**EXERCISE MATERIALS**
-- ===== src/Algo/Find/First.antt =====
-- The searches for one entry return the first index that passes their test.
use c_nad.Prelude.Array.{get_or}
use c_nad.Prelude.{
  ℕ, zero, suc, ◌+◌, ◌-◌, ◌≤◌, ◌<◌, ◌≡◌, refl, ap, ◌∙◌, ◌↔◌, inl, inr, Bool, true, false, Option,
  none, some, List, [], ◌∷◌, arith, ◌==◌, if◌then◌else◌, Bool-cases, length, set,
}
use c_nad.Algo.Find.{
  find_if_from, find_if, find_from, find, contains, any_equal, find_any_of_from, find_any_of,
  find_adjacent_from, find_adjacent,
}

-- `o` is the first index below `n` that passes the test, `none` if there is none.
abbrev pub IsFirst : (ℕ → Bool) → ℕ → Option ℕ → Type 0
IsFirst test n none = (i : ℕ) → i < n → test i ≡ false
IsFirst test n (some k) = (k < n) × (test k ≡ true) × ((i : ℕ) → i < k → test i ≡ false)

-- The same from `lo` on.
abbrev pub IsFirstFrom : (ℕ → Bool) → ℕ → ℕ → Option ℕ → Type 0
IsFirstFrom test lo n none = (i : ℕ) → lo ≤ i → i < n → test i ≡ false
IsFirstFrom test lo n (some k) =
    (lo ≤ k) × (k < n) × (test k ≡ true) × ((i : ℕ) → lo ≤ i → i < k → test i ≡ false)

IsFirst-of_from :
    (test : ℕ → Bool) (n : ℕ) (o : Option ℕ) → IsFirstFrom test 0 n o → IsFirst test n o
IsFirst-of_from test n none h = λ i p. h i (omega arith) p
IsFirst-of_from test n (some k) h = (h.1, h.2, λ i p. h.3 i (omega arith) p)

IsFirstFrom-step :
    (test : ℕ → Bool) (lo n : ℕ) (o : Option ℕ)
    → test lo ≡ false
    → IsFirstFrom test (lo + 1) n o
    → IsFirstFrom test lo n o
IsFirstFrom-step test lo n none e h =
    λ i p q. elim (Bool-cases (i == lo)) [ inl s ↦ ground arith | inr s ↦ h i (ground arith) q ]
IsFirstFrom-step test lo n (some k) e h = (
  omega (arith, h.0),
  h.1,
  h.2,
  λ i p q. elim (Bool-cases (i == lo)) [ inl s ↦ ground arith | inr s ↦ h.3 i (ground arith) q ],
)

IsFirstFrom-here :
    (test : ℕ → Bool) (lo n : ℕ) → test lo ≡ true → lo < n → IsFirstFrom test lo n (some lo)
IsFirstFrom-here test lo n e h = (omega arith, h, e, λ i p q. absurd (omega arith))

module _ {A : Type 0} where
  -- A search that tests entry after entry returns the first that passes. `f` is its loop.
  scan-IsFirst :
      (test : A → Bool) (f : ℕ → List A → Option ℕ)
      → ((i : ℕ) → f i [] ≡ none)
      → ((i : ℕ) (x : A) (s : List A) → f i (x ∷ s) ≡ (if test x then some i else f (i + 1) s))
      → (d : A) (all : List A) (i : ℕ) (s : List A)
      → ((k : ℕ) → k < length s → get_or all (i + k) d ≡ get_or s k d)
      → length all ≡ i + length s
      → IsFirstFrom (λ k. test (get_or all k d)) i (length all) (f i s)
  unfolding get_or
  scan-IsFirst test f nil cons d all i [] same size = rw (nil i) (λ k p q. absurd (omega arith))
  scan-IsFirst test f nil cons d all i (x ∷ s) same size =
      let here : get_or all i d ≡ x =
        ap (λ k. get_or all k d) (omega arith) ∙ same 0 (omega arith) in
      let rest =
        scan-IsFirst test f nil cons d all (i + 1) s
          (λ k p. ap (λ j. get_or all j d) (omega arith) ∙ same (suc k) (omega arith))
          (omega arith) in
      elim (Bool-cases (test x)) [
        | inl e ↦
            rw (cons i x s, e)
              (IsFirstFrom-here (λ k. test (get_or all k d)) i (length all) (rw here e)
                (omega arith))
        | inr e ↦
            rw (cons i x s, e)
              (IsFirstFrom-step (λ k. test (get_or all k d)) i (length all) (f (i + 1) s)
                (rw here e) rest)
      ]

  module _ (d : A) (s : List A) where
    -- find_if returns the first index whose entry satisfies the predicate, and false when none does.
    pub find_if-IsFirst :
        (pred : A → Bool) → IsFirst (λ i. pred (get_or s i d)) (length s) (find_if s pred)
    unfolding find_if find_if_from
    find_if-IsFirst pred = IsFirst-of_from _ _ (find_if s pred) (
        scan-IsFirst pred (λ i t. find_if_from i t pred) (λ i. refl) (λ i x t. refl) d s 0 s
          (λ k p. ap (λ j. get_or s j d) (omega arith)) (omega arith))

    -- find returns the first index whose entry is equal to the key, and false when none is.
    pub find-IsFirst :
        (key : A) (eq : A → A → Bool)
        → IsFirst (λ i. eq (get_or s i d) key) (length s) (find s key eq)
    unfolding find find_from
    find-IsFirst key eq = IsFirst-of_from _ _ (find s key eq) (
        scan-IsFirst (λ x. eq x key) (λ i t. find_from i t key eq) (λ i. refl) (λ i x t. refl) d s 0
          s (λ k p. ap (λ j. get_or s j d) (omega arith)) (omega arith))

    -- find_any_of returns the first index whose entry is equal to one of the set.
    pub find_any_of-IsFirst :
        (set : List A) (eq : A → A → Bool)
        → IsFirst (λ i. any_equal (get_or s i d) set eq) (length s) (find_any_of s set eq)
    unfolding find_any_of find_any_of_from
    find_any_of-IsFirst set eq = IsFirst-of_from _ _ (find_any_of s set eq) (
        scan-IsFirst (λ x. any_equal x set eq) (λ i t. find_any_of_from i t set eq) (λ i. refl)
          (λ i x t. refl) d s 0 s (λ k p. ap (λ j. get_or s j d) (omega arith)) (omega arith))

    -- contains, which throws the index away, says whether find has one.
    pub contains_iff :
        (key : A) (eq : A → A → Bool)
        → (contains s key eq ≡ true) ↔ ((i : ℕ) × (i < length s) × (eq (get_or s i d) key ≡ true))
    unfolding contains
    contains_iff key eq = go (find s key eq) (find-IsFirst key eq)
      where
        go :
            (o : Option ℕ)
            → IsFirst (λ i. eq (get_or s i d) key) (length s) o
            → ((elim o [ some i ↦ true | none ↦ false ]) ≡ true)
              ↔ ((i : ℕ) × (i < length s) × (eq (get_or s i d) key ≡ true))
        go none h = (λ e. cc, λ (i, p, e). cc (h i p))
        go (some k) h = (λ e. (k, h.0, h.1), λ e. refl)

  -- The inner loop of find_any_of finds an entry of the set that is equal.
  any_equal_sound :
      (d x : A) (set : List A) (eq : A → A → Bool)
      → any_equal x set eq ≡ true
      → (j : ℕ) × (j < length set) × (eq x (get_or set j d) ≡ true)
  unfolding any_equal get_or
  any_equal_sound d x [] eq e = cc
  any_equal_sound d x (y ∷ set) eq e = elim (Bool-cases (eq x y)) [
    | inl h ↦ (0, omega arith, h)
    | inr h ↦ let (j, p, q) = any_equal_sound d x set eq (rw h at e) in (suc j, omega arith, q)
  ]

  any_equal_complete :
      (d x : A) (set : List A) (eq : A → A → Bool) (j : ℕ)
      → j < length set
      → eq x (get_or set j d) ≡ true
      → any_equal x set eq ≡ true
  unfolding any_equal get_or
  any_equal_complete d x [] eq j p q = absurd (omega arith)
  any_equal_complete d x (y ∷ set) eq zero p q = rw q
  any_equal_complete d x (y ∷ set) eq (suc j) p q =
      ground (arith, any_equal_complete d x set eq j (omega arith) q)

  -- the adjacent pairs of a list, scanned from the one before `i`
  find_adjacent_from-IsFirstFrom :
      (eq : A → A → Bool) (d : A) (all : List A) (i : ℕ) (prev : A) (s : List A)
      → get_or all i d ≡ prev
      → ((k : ℕ) → k < length s → get_or all (i + 1 + k) d ≡ get_or s k d)
      → length all ≡ i + 1 + length s
      → IsFirstFrom
          (λ k. eq (get_or all k d) (get_or all (k + 1) d))
          i
          (length all - 1)
          (find_adjacent_from (i + 1) prev s eq)
  unfolding find_adjacent_from get_or
  find_adjacent_from-IsFirstFrom eq d all i prev [] at same size = λ k p q. absurd (omega arith)
  find_adjacent_from-IsFirstFrom eq d all i prev (x ∷ s) at same size =
      let next : get_or all (i + 1) d ≡ x =
        ap (λ k. get_or all k d) (omega arith) ∙ same 0 (omega arith) in
      let rest =
        find_adjacent_from-IsFirstFrom eq d all (i + 1) x s next
          (λ k p. ap (λ j. get_or all j d) (omega arith) ∙ same (suc k) (omega arith))
          (omega arith) in
      let test : ℕ → Bool = λ k. eq (get_or all k d) (get_or all (k + 1) d) in
      let back : i + 1 - 1 ≡ i = omega arith in
      elim (Bool-cases (eq prev x)) [
        | inl e ↦
            rw (e, back) (IsFirstFrom-here test i (length all - 1) (rw (at, next) e) (omega arith))
        | inr e ↦ rw e (
            IsFirstFrom-step test i (length all - 1) (find_adjacent_from (i + 1 + 1) x s eq)
              (rw (at, next) e) rest)
      ]

  -- find_adjacent returns the first index whose entry is equal to the one behind it.
  pub find_adjacent-IsFirst :
      (d : A) (s : List A) (eq : A → A → Bool)
      → IsFirst (λ i. eq (get_or s i d) (get_or s (i + 1) d)) (length s - 1) (find_adjacent s eq)
  unfolding find_adjacent get_or
  find_adjacent-IsFirst d [] eq = λ i p. absurd (omega arith)
  find_adjacent-IsFirst d (x ∷ s) eq = IsFirst-of_from _ _ (find_adjacent_from 1 x s eq) (
      find_adjacent_from-IsFirstFrom eq d (x ∷ s) 0 x s refl
        (λ k p. ap (λ j. get_or (x ∷ s) j d) (suc_lem k)) (omega arith))
    where
      suc_lem : (k : ℕ) → 0 + 1 + k ≡ suc k
      suc_lem k = omega arith
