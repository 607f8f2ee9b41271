-- ===== src/Algo/Find/Run.antt =====
-- find_run: the first run of `count` entries equal to the key.
use c_nad.Prelude.Array.{get_or}
use c_nad.Prelude.{
  ℕ, zero, suc, ◌+◌, ◌-◌, ◌≤◌, ◌<◌, ◌≡◌, ap, ◌∙◌, inl, inr, Bool, true, false, Option, none, some,
  List, [], ◌∷◌, arith, ◌==◌, Bool-cases, length,
}
use c_nad.Algo.Find.{find_run_from, find_run}

module _ {A : Type 0} (d : A) (all : List A) (key : A) (eq : A → A → Bool) where
  -- the entries from `lo` up to `hi` are all equal to the key
  abbrev pub IsRun : ℕ → ℕ → Type 0
  IsRun lo hi = (j : ℕ) → lo ≤ j → j < hi → eq (get_or all j d) key ≡ true

  -- What find_run reports: the start of the first run of `count` entries, or that there is none.
  abbrev pub IsFirstRun : ℕ → Option ℕ → Type 0
  IsFirstRun count none = (b : ℕ) → b + count ≤ length all → ¬ IsRun b (b + count)
  IsFirstRun count (some k) =
      (k + count ≤ length all) × IsRun k (k + count) × ((b : ℕ) → b < k → ¬ IsRun b (b + count))

  -- after `i` entries, the last `run` of which are equal to the key, and no more
  record RunInv (count i run : ℕ) : Type 0 where
    short : run < count
    fits : run ≤ i
    equal : IsRun (i - run) i
    stops : run < i → eq (get_or all (i - run - 1) d) key ≡ false
    none_yet : (b : ℕ) → b + count ≤ i → ¬ IsRun b (b + count)

  module _ (count i run : ℕ) (v : RunInv count i run) where
    -- no run of `count` entries ends at `i + 1` if fewer than `count` before it are equal
    none_next : suc run < count → (b : ℕ) → b + count ≤ i + 1 → ¬ IsRun b (b + count)
    none_next more b p r = elim (Bool-cases (b + count == i + 1)) [
      | inl e ↦ ground (arith, r (i - run - 1), v.stops)
      | inr e ↦ v.none_yet b (ground arith) r
    ]

    RunInv-more : eq (get_or all i d) key ≡ true → suc run < count → RunInv count (i + 1) (run + 1)
    RunInv-more e more = record {
      short = omega arith;
      fits = omega (arith, v.fits);
      equal = λ j p q. elim (Bool-cases (j == i)) [
        | inl s ↦ ground arith
        | inr s ↦ v.equal j (ground arith) (ground arith)
      ];
      stops = λ p. ground (arith, v.stops);
      none_yet = none_next more;
    }

    RunInv-reset : eq (get_or all i d) key ≡ false → RunInv count (i + 1) 0
    RunInv-reset e = record {
      short = omega (arith, v.short);
      fits = omega arith;
      equal = λ j p q. absurd (omega arith);
      stops = λ p. ground arith;
      none_yet = λ b p r. elim (Bool-cases (b + count == i + 1)) [
        | inl s ↦ ground (arith, r i, v.short)
        | inr s ↦ v.none_yet b (ground arith) r
      ];
    }

    RunInv-found :
        eq (get_or all i d) key ≡ true
        → run + 1 ≡ count
        → i < length all
        → IsFirstRun count (some (i + 1 - count))
    RunInv-found e full in_s = (
      omega (arith, v.fits),
      λ j p q. elim (Bool-cases (j == i)) [
        | inl s ↦ ground arith
        | inr s ↦ v.equal j (ground (arith, v.fits)) (ground (arith, v.fits))
      ],
      λ b p. v.none_yet b (omega (arith, v.fits)),
    )

module _ {A : Type 0} (d : A) (key : A) (eq : A → A → Bool) where
  find_run_from-IsFirstRun :
      (all : List A) (count i run : ℕ) (s : List A)
      → RunInv d all key eq count i run
      → ((k : ℕ) → k < length s → get_or all (i + k) d ≡ get_or s k d)
      → length all ≡ i + length s
      → IsFirstRun d all key eq count (find_run_from i run s key count eq)
  unfolding find_run_from get_or
  find_run_from-IsFirstRun all count i run [] v same size = λ b p. v.none_yet b (omega arith)
  find_run_from-IsFirstRun all count i run (x ∷ s) v same size =
      let here : get_or all i d ≡ x =
        ap (λ k. get_or all k d) (omega arith) ∙ same 0 (omega arith) in
      let step = λ (k : ℕ) (p : k < length s).
        ap (λ j. get_or all j d) (shift i k) ∙ same (suc k) (omega arith) in
      let add : run + 1 ≡ suc run = omega arith in
      elim (Bool-cases (eq x key)) [
        | inl e ↦ elim (Bool-cases (run + 1 == count)) [
          | inl full ↦
              rw (e, full)
                (RunInv-found d all key eq count i run v (rw here e) (ground arith) (omega arith))
          | inr more ↦
              rw (e, more)
                (find_run_from-IsFirstRun all count (i + 1) (run + 1) s
                  (RunInv-more d all key eq count i run v (rw here e) (ground (arith, v.short)))
                  step (omega arith))
        ]
        | inr e ↦
            let empty : (0 == count) ≡ false = ground (arith, v.short) in
            rw (e, empty)
              (find_run_from-IsFirstRun all count (i + 1) 0 s
                (RunInv-reset d all key eq count i run v (rw here e)) step (omega arith))
      ]
    where
      shift : (i k : ℕ) → i + 1 + k ≡ i + suc k
      shift i k = omega arith

  -- find_run returns the start of the first run of `count` entries equal to the key, and false when
  -- there is none; a run of none is found at the front.
  pub find_run-IsFirstRun :
      (s : List A) (count : ℕ) → IsFirstRun d s key eq count (find_run s key count eq)
  unfolding find_run
  find_run-IsFirstRun s zero =
      (omega arith, λ j p q. absurd (omega arith), λ b p. absurd (omega arith))
  find_run-IsFirstRun s (suc n) =
      let some_count : (suc n == 0) ≡ false = ground arith in
      rw some_count (
        find_run_from-IsFirstRun s (suc n) 0 0 s
          (record {
            short = omega arith;
            fits = omega arith;
            equal = λ j p q. absurd (omega arith);
            stops = λ p. absurd (omega arith);
            none_yet = λ b p. absurd (omega arith);
          })
          (λ k p. ap (λ j. get_or s j d) (omega arith)) (omega arith))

**YOUR OBJECTIVE**
Your response should be the count of lines in the material above that contain "passes", with nothing added.

**REPLY**
3